Hungarian model, mannequin, public personality

Enikő Sütő (born July 27, 1958) is a Hungarian media personality, and fashion industry figure. She gained prominence in the 1970s and became one of Hungary's most recognized models.

== Early life and career ==
Enikő Sütő was born in Budapest, Hungary. She rose to fame in 1974 when photographer János Fenyő captured her for a Fabulon poster campaign. This advertisement brought her widespread recognition, leading to her being named "Mannequin of the Year" in 1979.

== Modeling Career ==
During the late 1970s and 1980s, Sütő became a leading figure in the Hungarian fashion industry. She worked with numerous brands and appeared in fashion magazines, television programs, and runway shows. Her career flourished despite Hungary's socialist regime, which limited international exposure for local models.
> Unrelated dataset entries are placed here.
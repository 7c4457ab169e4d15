-- ===== src/RemoteCache/Shim/Stream/Chunks.antt =====
-- The chunks of a window.
use tine.Base.{
  ℕ, zero, suc, ◌+◌, ◌≤◌, ◌<◌, ◌≡◌, refl, sym, ap, ◌∙◌, inl, inr, true, List, [], ◌∷◌, ◌++◌, Bytes,
  length, take, drop, All, map, ltb, arith, Bool-cases, append-nil, take-append-drop, drop-drop,
}
use tine.RemoteCache.Reapi.Stream.{ReadResponse}
use tine.RemoteCache.Shim.Stream.{range_from, or_zero, chunk, chunks}

-- What the chunks carry, in their order.
unfoldable pub joined : List ReadResponse → Bytes
joined [] = []
joined (r ∷ rs) = r.content ++ joined rs

take-drop :
    (step start : ℕ) (w : Bytes) → take step (drop start w) ++ drop (start + step) w ≡ drop start w
take-drop step start w =
    ap (◌++◌ (take step (drop start w))) (sym (drop-drop step start w))
    ∙ take-append-drop step (drop start w)

drop_past : (n : ℕ) (w : Bytes) → length w ≤ n → drop n w ≡ []
drop_past zero [] h = refl
drop_past zero (x ∷ w) h = absurd (omega arith)
drop_past (suc n) [] h = refl
drop_past (suc n) (x ∷ w) h = drop_past n w (omega arith)

length-take_most : (n : ℕ) (w : Bytes) → length (take n w) ≤ n
length-take_most zero w = omega arith
length-take_most (suc n) [] = omega arith
length-take_most (suc n) (x ∷ w) = omega (arith, length-take_most n w)

joined-range_from :
    (step rounds start : ℕ) (w : Bytes)
    → 0 < step
    → length w ≤ start + rounds
    → joined (map (chunk step w) (range_from step rounds start (length w))) ≡ drop start w
unfolding joined range_from
joined-range_from step zero start w pos enough = sym (drop_past start w (omega (arith, enough)))
joined-range_from step (suc rounds) start w pos enough = elim (Bool-cases (ltb start (length w))) [
  | inl e ↦ rw e (
      ap (◌++◌ (take step (drop start w)))
        (joined-range_from step rounds (start + step) w pos (omega (arith, enough, pos)))
      ∙ take-drop step start w)
  | inr e ↦ rw e (sym (drop_past start w (ground (arith, e))))
]

-- What a chunk carries.
abbrev pub IsWithin : ℕ → ReadResponse → Type 0
IsWithin step r = length r.content ≤ step

IsWithin-chunks :
    (step : ℕ) (w : Bytes) (starts : List ℕ) → All (IsWithin step) (map (chunk step w) starts)
IsWithin-chunks step w [] = tt
IsWithin-chunks step w (n ∷ ns) = (length-take_most step (drop n w), IsWithin-chunks step w ns)

take-nil : (n : ℕ) → take {A = ℕ} n [] ≡ []
take-nil zero = refl
take-nil (suc n) = refl

or_zero_some :
    (step : ℕ) (w : Bytes) (starts : List ℕ) → 0 < length (map (chunk step w) (or_zero starts))
or_zero_some step w [] = omega arith
or_zero_some step w (n ∷ ns) = omega arith

joined-or_zero :
    (step : ℕ) (w : Bytes) (starts : List ℕ)
    → 0 < step
    → starts ≡ range_from step (length w) 0 (length w)
    → joined (map (chunk step w) (or_zero starts)) ≡ w
unfolding joined range_from
joined-or_zero step w (n ∷ ns) pos e =
    ap (λ (l : List ℕ). joined (map (chunk step w) l)) e
    ∙ joined-range_from step (length w) 0 w pos (omega arith)
joined-or_zero step [] [] pos e = append-nil _ ∙ take-nil step
joined-or_zero step (x ∷ w) [] pos e =
    let positive : ltb 0 (suc (length w)) ≡ true = ground arith in
    let split = rw positive at e in absurd (cc)

-- The chunks of a window make the window again, and none is longer than a chunk may be; of an empty
-- window there is one.
pub chunks-join :
    (step : ℕ) (w : Bytes)
    → 0 < step
    → (joined (chunks step w) ≡ w)
      × All (IsWithin step) (chunks step w)
      × (0 < length (chunks step w))
unfolding chunks
chunks-join step w pos = (
  joined-or_zero step w (range_from step (length w) 0 (length w)) pos refl,
  IsWithin-chunks step w (or_zero (range_from step (length w) 0 (length w))),
  or_zero_some step w (range_from step (length w) 0 (length w)),
)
== Later Career and Public Presence ==
Following her peak modeling years, Sütő remained active in the public sphere. She has been involved in discussions on fashion, beauty standards, and aging. She also participated in various media appearances and public engagements, maintaining her influence in the industry.

== Legacy ==
Enikő Sütő is considered one of Hungary’s most iconic models. Her work has left a lasting impact on Hungarian fashion and media, and she continues to be recognized for her contributions to the industry.